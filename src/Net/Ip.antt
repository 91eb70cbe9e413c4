-- ===== src/Net/Ip.antt =====
-- Ethernet frames and IPv4 packets (src/ethernet.go, src/ipv4.go, `ethernetDispatch` of src/net.go). The
-- counters of `netStats` are left out; what `arpResolve` answers is an argument of `ipv4Send`.
pub mod Sums
pub mod RoundTrip
pub mod Examples
use Prim.Native.Nat.{bit_and, bit_or}
use gooos.Common.{
  ℕ, zero, suc, ◌+◌, ◌-◌, ◌*◌, ◌/◌, ◌%◌, Bool, true, false, not, ◌&&◌, ◌||◌, Option, none, some,
  List, [], ◌∷◌, ◌++◌, ltb, leb, ◌==◌, if◌then◌else◌, length, get_or, take, drop, u8, u16,
}
use gooos.Net.Bytes.{read_u16, read_u32, u32_bytes, Mac, read_mac, mac_bytes}
use gooos.Net.Checksum.{add_words, fold, fold_fuel}

pub record EthernetHeader : Type 0 where
  pub dst : Mac
  pub src : Mac
  pub ether_type : ℕ

-- `ethernetParse`
unfoldable pub ethernet_parse : List ℕ → Option (EthernetHeader × List ℕ)
ethernet_parse frame =
    if ltb (length frame) 14
    then none
    else some (
      record { dst = read_mac frame 0; src = read_mac frame 6; ether_type = read_u16 frame 12 },
      drop 14 frame,
    )

-- the first 14 bytes, as `ipv4Send` and `ethernetBuild` write them
abbrev pub ethernet_bytes : Mac → Mac → ℕ → List ℕ → List ℕ
ethernet_bytes dst src ether_type payload =
    mac_bytes dst ++ mac_bytes src ++ (u8 (ether_type / 256) ∷ u8 ether_type ∷ payload)

unfoldable pub same_mac : Mac → Mac → Bool
same_mac a b =
    a.b0 == b.b0 && a.b1 == b.b1 && a.b2 == b.b2 && a.b3 == b.b3 && a.b4 == b.b4 && a.b5 == b.b5

abbrev pub broadcast_mac : Mac
broadcast_mac = record { b0 = 255; b1 = 255; b2 = 255; b3 = 255; b4 = 255; b5 = 255 }

-- `isForUs`
unfoldable pub is_for_us : Mac → Mac → Bool
is_for_us our_mac dst = same_mac dst broadcast_mac || same_mac dst our_mac

-- where `ethernetDispatch` hands the payload of a frame
pub data Incoming : Type 0 where
  discarded : Incoming
  arp : Mac → List ℕ → Incoming
  ipv4 : List ℕ → Incoming

unfoldable pub ethernet_dispatch : Mac → List ℕ → Incoming
ethernet_dispatch our_mac frame =
    if ltb (length frame) 60 || ltb 1518 (length frame)
    then discarded
    else elim (ethernet_parse frame) [
      | none ↦ discarded
      | some (h, payload) ↦
          if not (is_for_us our_mac h.dst)
          then discarded
          else if h.ether_type == 2054
          then arp h.src payload
          else if h.ether_type == 2048
          then ipv4 payload
          else discarded
    ]

pub record Ipv4Header : Type 0 where
  pub version_ihl : ℕ
  pub tos : ℕ
  pub total_length : ℕ
  pub id : ℕ
  pub flags_offset : ℕ
  pub ttl : ℕ
  pub protocol : ℕ
  pub chksum : ℕ
  pub src_ip : ℕ
  pub dst_ip : ℕ
  pub header_len : ℕ

-- `ipv4Checksum`
unfoldable pub ipv4_checksum : List ℕ → ℕ
ipv4_checksum p = 65535 - u16 (fold fold_fuel (add_words 0 p))

unfoldable pub read_header : List ℕ → Ipv4Header
read_header p = record {
  version_ihl = get_or p 0 0;
  tos = get_or p 1 0;
  total_length = read_u16 p 2;
  id = read_u16 p 4;
  flags_offset = read_u16 p 6;
  ttl = get_or p 8 0;
  protocol = get_or p 9 0;
  chksum = read_u16 p 10;
  src_ip = read_u32 p 12;
  dst_ip = read_u32 p 16;
  header_len = get_or p 0 0 % 16 * 4;
}

-- `ipv4Parse`; `none` is `ok=false`. The bits under the mask of `MF` and the offset are those below 2^14.
unfoldable pub ipv4_parse : List ℕ → Option (Ipv4Header × List ℕ)
ipv4_parse p =
    let h = read_header p in
    if ltb (length p) 20
    then none
    else if not (h.version_ihl / 16 == 4) || ltb h.header_len 20 || ltb (length p) h.header_len
    then none
    else if not (h.flags_offset % 16384 == 0) || h.ttl == 0
    then none
    else if ltb (length p) h.total_length || ltb h.total_length h.header_len
    then none
    else if not (ipv4_checksum (take h.header_len p) == 0)
    then none
    else some (h, drop h.header_len (take h.total_length p))

-- the header with two bytes for its checksum
abbrev pub ipv4_bytes : ℕ → ℕ → ℕ → ℕ → ℕ → ℕ → ℕ → List ℕ
ipv4_bytes id proto src_ip dst_ip total c d =
    69
    ∷ 0
    ∷ u8 (total / 256)
    ∷ u8 total
    ∷ u8 (id / 256)
    ∷ u8 id
    ∷ 64
    ∷ 0
    ∷ 64
    ∷ proto
    ∷ c
    ∷ d
    ∷ (u32_bytes src_ip ++ u32_bytes dst_ip)

-- `ipv4BuildHeader`, which has raised `ipv4ID` to `id`
unfoldable pub ipv4_build_header : ℕ → ℕ → ℕ → ℕ → ℕ → List ℕ
ipv4_build_header id proto src_ip dst_ip payload_len =
    let total = u16 (20 + payload_len) in
    let c = ipv4_checksum (ipv4_bytes id proto src_ip dst_ip total 0 0) in
    ipv4_bytes id proto src_ip dst_ip total (u8 (c / 256)) (u8 c)

-- `ipv4Send` up to its call of `e1000Transmit`: the counter `ipv4ID` and the frame. `mac` is what
-- `arpResolve` answers.
unfoldable pub ipv4_send : Bool → ℕ → Mac → Option Mac → ℕ → ℕ → ℕ → List ℕ → ℕ × Option (List ℕ)
ipv4_send e1000_found our_ip our_mac none proto dst_ip counter payload = (counter, none)
ipv4_send e1000_found our_ip our_mac (some mac) proto dst_ip counter payload =
    let id = u16 (counter + 1) in
    if not e1000_found || our_ip == 0
    then (counter, none)
    else if ltb 1480 (length payload)
    then (counter, none)
    else (
      id,
      some (
          ethernet_bytes mac our_mac 2048
            (ipv4_build_header id proto our_ip dst_ip (length payload) ++ payload)),
    )

-- where `ipv4Handle` hands a packet
pub data Upper : Type 0 where
  dropped : Upper
  icmp : Ipv4Header → List ℕ → Upper
  tcp : Ipv4Header → List ℕ → Upper
  udp : Ipv4Header → List ℕ → Upper

-- `(ourIP & ourNetmask) | ^ourNetmask`
abbrev pub subnet_broadcast : ℕ → ℕ → ℕ
subnet_broadcast our_ip our_netmask = bit_or (bit_and our_ip our_netmask) (4294967295 - our_netmask)

-- the test at the start of `ipv4Handle`
unfoldable pub is_our_ip : ℕ → ℕ → ℕ → Bool
is_our_ip our_ip our_netmask dst_ip =
    dst_ip == our_ip
    || dst_ip == 4294967295
    || not (our_netmask == 0) && not (our_ip == 0) && dst_ip == subnet_broadcast our_ip our_netmask

-- the `switch` of `ipv4Handle`
unfoldable pub hand_up : Ipv4Header → List ℕ → Upper
hand_up h inner =
    if h.protocol == 1
    then icmp h inner
    else if h.protocol == 6
    then tcp h inner
    else if h.protocol == 17
    then udp h inner
    else dropped

unfoldable pub ipv4_handle : ℕ → ℕ → List ℕ → Upper
ipv4_handle our_ip our_netmask p = elim (ipv4_parse p) [
  | none ↦ dropped
  | some (h, inner) ↦ if is_our_ip our_ip our_netmask h.dst_ip then hand_up h inner else dropped
]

————————

• REQUIRED ACTION:
Transcribe exactly the line containing "else if h.protocol == 17" and all remaining lines of the material, ending with the last one.

• ANSWER TO THE PROBLEM:
    else if h.protocol == 17
    then udp h inner
    else dropped

unfoldable pub ipv4_handle : ℕ → ℕ → List ℕ → Upper
ipv4_handle our_ip our_netmask p = elim (ipv4_parse p) [
  | none ↦ dropped
  | some (h, inner) ↦ if is_our_ip our_ip our_netmask h.dst_ip then hand_up h inner else dropped
]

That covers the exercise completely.